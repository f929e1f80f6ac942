-- ===== src/Store/Bolt/Opened.antt =====
-- internal/correlate/store_bolt.go: `OpenBoltStore` on any database.
use tracearr.Prelude.{
  ℕ, ◌≡◌, String, [], ◌∷◌, Option, none, some, arith, Bool-cases, Option-cases, Sum-cases, inl, inr,
}
use tracearr.Prelude.Map
use tracearr.Prelude.Map.{Map, get-insert}
use tracearr.Event.{MediaKey, key_eq, key_beq_iff}
use tracearr.Store.Records.{TraceState}
use tracearr.Store.Disk.Codec.{unmarshal_trace}
use tracearr.Store.Disk.Buckets.{Bolt, Value, traces}
use tracearr.Store.Disk.Loading.{load_traces, decode}
use tracearr.Store.Bolt.{BoltStore, open_bolt_store, load}
use tracearr.Store.Bolt.Index.{IsKeyed}

load_traces-keyed :
    (es : Map String Value) (m l : Map MediaKey TraceState)
    → ((k : MediaKey) (t : TraceState) → Map.get k m ≡ some t → t.key ≡ k)
    → load_traces es m ≡ inr l
    → (k : MediaKey) (t : TraceState) → Map.get k l ≡ some t
    → t.key ≡ k
unfolding load_traces
load_traces-keyed [] m l keyed loaded k t there = keyed k t (ground (arith, there, loaded))
load_traces-keyed ((name, v) ∷ rest) m l keyed loaded k t there =
    elim (Option-cases (decode unmarshal_trace v)) [
      | inl failed ↦ absurd (cc (rw (failed, load_traces) at loaded))
      | inr (u, decoded) ↦
          load_traces-keyed rest (Map.insert u.key u m) l
            (λ j w found. ground (arith, get-insert u.key j u m, key_beq_iff u.key j, keyed j w))
            (rw (decoded, load_traces) at loaded) k t there
    ]

module _ {D : Bolt} where
  load-IsKeyed :
      (s t : BoltStore D)
      → ((k : MediaKey) (u : TraceState) → Map.get k s.by_key ≡ some u → u.key ≡ k)
      → load s ≡ inr t
      → IsKeyed t
  unfolding load
  load-IsKeyed s t keyed loaded k u there =
      elim (Sum-cases (load_traces (D.for_each s.db traces) s.by_key)) [
        | inl (name, failed) ↦ absurd (ground (arith, loaded, failed))
        | inr (m, read) ↦
            load_traces-keyed (D.for_each s.db traces) s.by_key m keyed read k u
              (ground (arith, loaded, read, there))
      ]

  -- Whatever stands on disk, the records of a store that opens are under their own keys.
  pub opened-IsKeyed :
      (file : Option D.Db) (d r : ℕ) (t : BoltStore D)
      → open_bolt_store file d r ≡ inr t
      → IsKeyed t
  unfolding open_bolt_store Map.get
  opened-IsKeyed none d r t opened = absurd (cc opened)
  opened-IsKeyed (some db) d r t opened = elim (Bool-cases (D.update db []).0) [
    | inl created ↦
        let started : BoltStore D = record {
          db = (D.update db []).1;
          dedup_ttl = d;
          recall_ttl = r;
          by_key = [];
          by_dlid = [];
          closed = [];
        } in
        load-IsKeyed started t (λ k u there. absurd (cc there)) (ground (arith, opened, created))
    | inr failed ↦ absurd (ground (arith, opened, failed))
  ]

=-=-=-=-=

Start at the line containing "(m, read) ↦" and return each line up to and including the last line of the material.

◆ Answer area:
        | inr (m, read) ↦
            load_traces-keyed (D.for_each s.db traces) s.by_key m keyed read k u
              (ground (arith, loaded, read, there))
      ]

  -- Whatever stands on disk, the records of a store that opens are under their own keys.
  pub opened-IsKeyed :
      (file : Option D.Db) (d r : ℕ) (t : BoltStore D)
      → open_bolt_store file d r ≡ inr t
      → IsKeyed t
  unfolding open_bolt_store Map.get
  opened-IsKeyed none d r t opened = absurd (cc opened)
  opened-IsKeyed (some db) d r t opened = elim (Bool-cases (D.update db []).0) [
    | inl created ↦
        let started : BoltStore D = record {
          db = (D.update db []).1;
          dedup_ttl = d;
          recall_ttl = r;
          by_key = [];
          by_dlid = [];
          closed = [];
        } in
        load-IsKeyed started t (λ k u there. absurd (cc there)) (ground (arith, opened, created))
    | inr failed ↦ absurd (ground (arith, opened, failed))
  ]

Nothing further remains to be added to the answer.